**Task brief:**
Somewhere below are a line with "abbrev pub Leaves" and a later line with "late_exit t u fd h s v (inl e) = rw e tt". Output exactly those lines and all lines between them.

**Records for the exercise:**
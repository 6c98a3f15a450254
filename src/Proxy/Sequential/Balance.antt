-- ===== src/Proxy/Sequential/Balance.antt =====
-- The descriptors of a round of the sequential proxy.
use ece.Prelude.{
  ◌⊎◌, ◌∙◌, Option-cases, zero, suc, ◌+◌, Bool-cases, ℕ, ◌+◌, ◌≡◌, none, some, Option, [], ◌∷◌, inl,
  inr, Bytes, codes, arith,
}
use ece.CString.{strncasecmp_eq, c_string}
use ece.Sys.{closed, connected, Kernel, Stop, Trace, Event}
use ece.Sys.After.{After, After-map, After-bind, After-require, After-when}
use ece.Sys.Balance.{Quiet, Holding, Balance, Orderly}
use ece.Proxy.Request.{RequestLine, scan_request, overflows}
use ece.Proxy.Upstream.{Caller}
use ece.Proxy.Exchange.{fetch}
use ece.Proxy.Exchange.Balance.{Unlogged, Abandons, fetch-Balance}
use ece.Proxy.Sequential.{
  caller, log_entry, handle_get, serve_rounds, dispatch, by_method, serve, serve_client,
}

module _ (k : Kernel) (fuel proxy_fd client_fd s_addr : ℕ) (w : ℕ → ℕ) where
  abbrev who : Caller
  who = caller k fuel proxy_fd client_fd s_addr

  -- An orderly exit has closed the sockets of the client and of the proxy, and all it opened, unless the
  -- log file could not be opened.
  abbrev pub Leaves : Trace → Stop → Trace → Type 0
  Leaves t s t' = Orderly s (
      Balance w t t' (w client_fd + w proxy_fd) 0
      ⊎ Unlogged k (codes "logfile.txt") (client_fd ∷ proxy_fd ∷ []) w t t')

  -- An error exit in the middle closes the caller's descriptors.
  Leaves-early : (t : Trace) (s : Stop) (t' : Trace) → Abandons w who 0 t s t' → Leaves t s t'
  Leaves-early t s t' (inl e) = rw e tt
  Leaves-early t s t' (inr (inl e)) = rw e tt
  Leaves-early t s t' (inr (inr (e, h))) = rw e (inl (omega arith))

  log_entry-Balance :
      (logstring : Bytes) (t : Trace)
      → After
          (log_entry k fuel proxy_fd client_fd s_addr logstring t)
          (λ _ t'. Quiet w t t')
          (λ s t'.
            (s ≡ Stop.undefined)
            ⊎ ((s ≡ Stop.exited 1)
                × (k.open_file t (codes "logfile.txt") ≡ none)
                × (t' ≡ closed (client_fd ∷ proxy_fd ∷ []) t)))
  unfolding log_entry
  log_entry-Balance logstring t = ground arith

  -- Where the entry of the log ends the run, behind a connection.
  late_exit :
      (t u : Trace) (fd : ℕ)
      → Holding w t u fd
      → (s : Stop) (v : Trace)
      → (s ≡ Stop.undefined)
        ⊎ ((s ≡ Stop.exited 1)
            × (k.open_file u (codes "logfile.txt") ≡ none)
            × (v ≡ closed (client_fd ∷ proxy_fd ∷ []) u))
      → Leaves t s v
  late_exit t u fd h s v (inl e) = rw e tt
  late_exit t u fd h s v (inr (e, f, g)) = rw e (inr (u, fd, f, g, h))

  -- One socket, to the web server, stays open.
  abbrev LeaksOne : Trace → Unit {0} → Trace → Type 0
  LeaksOne t a t' = (fd : ℕ) × Holding w t t' fd

  handle_get-Balance :
      (buffer : Bytes) (line : RequestLine) (t : Trace)
      → After (handle_get k fuel proxy_fd client_fd s_addr buffer line t) (LeaksOne t) (Leaves t)
  unfolding handle_get
  handle_get-Balance buffer line t =
      After-require line.url _ _ t _ (Leaves t) (λ e. tt)
        λ url e.
          After-bind (fetch k who fuel client_fd buffer line url t) _ _ _ _ (Leaves t)
            (fetch-Balance k who fuel client_fd w buffer line url t) (Leaves-early t)
            λ r u h.
              After-map (log_entry k fuel proxy_fd client_fd s_addr _ u) _ _ _ (Leaves t)
                (λ a v g. (r.server_fd, (omega (arith, h, g), g.1 ∙ h.1)))
                (late_exit t u r.server_fd h) (log_entry-Balance _ u)

  by_method-Balance :
      (buffer : Bytes) (line : RequestLine) (method : Bytes) (t : Trace)
      → After
          (by_method k fuel proxy_fd client_fd s_addr buffer line method t)
          (LeaksOne t)
          (Leaves t)
  unfolding by_method
  by_method-Balance buffer line method t =
      elim (Bool-cases (strncasecmp_eq method (codes "GET") 3)) [
        | inl e ↦ rw (e, by_method) (handle_get-Balance buffer line t)
        | inr e ↦ rw (e, by_method) (inl (omega arith))
      ]

  dispatch-Balance :
      (buffer : Bytes) (t : Trace)
      → After (dispatch k fuel proxy_fd client_fd s_addr buffer t) (LeaksOne t) (Leaves t)
  unfolding dispatch
  dispatch-Balance buffer t =
      After-when (overflows (scan_request buffer)) _ _ t _ (Leaves t) (λ e. tt)
        λ e.
          After-require (scan_request buffer).method _ _ t _ (Leaves t) (λ f. tt)
            λ method f. by_method-Balance buffer (scan_request buffer) method t

  serve-Balance :
      (r : Option Bytes) (t : Trace)
      → After (serve k fuel proxy_fd client_fd s_addr r t) (LeaksOne t) (Leaves t)
  unfolding serve
  serve-Balance none t = inl (omega arith)
  serve-Balance (some []) t = inl (omega arith)
  serve-Balance (some (b ∷ bs)) t = dispatch-Balance (c_string (b ∷ bs)) t

  serve_client-Leaves :
      (t : Trace)
      → After
          (serve_client k fuel proxy_fd client_fd s_addr t)
          (λ _ t'. (fd : ℕ) × (connected t' ≡ some fd) × Balance w t t' (w client_fd) (w fd))
          (Leaves t)
  unfolding serve_client
  serve_client-Leaves t =
      let r = k.read t client_fd 9999 in
      After-bind (serve k fuel proxy_fd client_fd s_addr r (Event.read client_fd r ∷ t)) _ _ _ _
        (Leaves t) (serve-Balance r (Event.read client_fd r ∷ t)) (λ s u h. h)
        (λ a u (fd, (b, c)). (fd, c, omega (arith, b)))

-- A round that exits in order has closed the sockets of the client and of the proxy and all that it was
-- handed, unless its last act was to find that the log file cannot be opened: then it has closed those
-- two sockets, and that of the latest connection made is open. A round that ends as it should has
-- closed the client and leaves one descriptor open, that of the latest connection made.
pub serve_client-Balance :
    (k : Kernel) (fuel proxy_fd client_fd s_addr : ℕ) (w : ℕ → ℕ) (t : Trace)
    → After
        (serve_client k fuel proxy_fd client_fd s_addr t)
        (λ _ t'. (fd : ℕ) × (connected t' ≡ some fd) × Balance w t t' (w client_fd) (w fd))
        (λ s t'. Orderly s (
          Balance w t t' (w client_fd + w proxy_fd) 0
          ⊎ Unlogged k (codes "logfile.txt") (client_fd ∷ proxy_fd ∷ []) w t t'))
serve_client-Balance k fuel proxy_fd client_fd s_addr w t =
    serve_client-Leaves k fuel proxy_fd client_fd s_addr w t

-- A loop that has served a number of clients in order
-- has that many descriptors more open than before.
pub serve_rounds-leak :
    (k : Kernel) (fuel proxy_fd rounds : ℕ) (t : Trace)
    → After
        (serve_rounds k fuel proxy_fd rounds t)
        (λ _ t'. Balance (λ _. 1) t t' 0 rounds)
        (λ s t'. Unit {0})
unfolding serve_rounds
serve_rounds-leak k fuel proxy_fd zero t = omega arith
serve_rounds-leak k fuel proxy_fd (suc rounds) t = elim (Option-cases (k.accept t)) [
  | inl e ↦ rw e tt
  | inr ((fd, s_addr), e) ↦ rw e (
      After-bind (serve_client k fuel proxy_fd fd s_addr (Event.opened fd ∷ t)) _ _ _ _ _
        (serve_client-Balance k fuel proxy_fd fd s_addr (λ _. 1) (Event.opened fd ∷ t))
        (λ s u h. tt)
        λ a u h.
          After-map (serve_rounds k fuel proxy_fd rounds u) _ _ _ _ (λ b v g. omega arith)
            (λ s v g. tt) (serve_rounds-leak k fuel proxy_fd rounds u))
]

**Your solution:**
  abbrev pub Leaves : Trace → Stop → Trace → Type 0
  Leaves t s t' = Orderly s (
      Balance w t t' (w client_fd + w proxy_fd) 0
      ⊎ Unlogged k (codes "logfile.txt") (client_fd ∷ proxy_fd ∷ []) w t t')

  -- An error exit in the middle closes the caller's descriptors.
  Leaves-early : (t : Trace) (s : Stop) (t' : Trace) → Abandons w who 0 t s t' → Leaves t s t'
  Leaves-early t s t' (inl e) = rw e tt
  Leaves-early t s t' (inr (inl e)) = rw e tt
  Leaves-early t s t' (inr (inr (e, h))) = rw e (inl (omega arith))

  log_entry-Balance :
      (logstring : Bytes) (t : Trace)
      → After
          (log_entry k fuel proxy_fd client_fd s_addr logstring t)
          (λ _ t'. Quiet w t t')
          (λ s t'.
            (s ≡ Stop.undefined)
            ⊎ ((s ≡ Stop.exited 1)
                × (k.open_file t (codes "logfile.txt") ≡ none)
                × (t' ≡ closed (client_fd ∷ proxy_fd ∷ []) t)))
  unfolding log_entry
  log_entry-Balance logstring t = ground arith

  -- Where the entry of the log ends the run, behind a connection.
  late_exit :
      (t u : Trace) (fd : ℕ)
      → Holding w t u fd
      → (s : Stop) (v : Trace)
      → (s ≡ Stop.undefined)
        ⊎ ((s ≡ Stop.exited 1)
            × (k.open_file u (codes "logfile.txt") ≡ none)
            × (v ≡ closed (client_fd ∷ proxy_fd ∷ []) u))
      → Leaves t s v
  late_exit t u fd h s v (inl e) = rw e tt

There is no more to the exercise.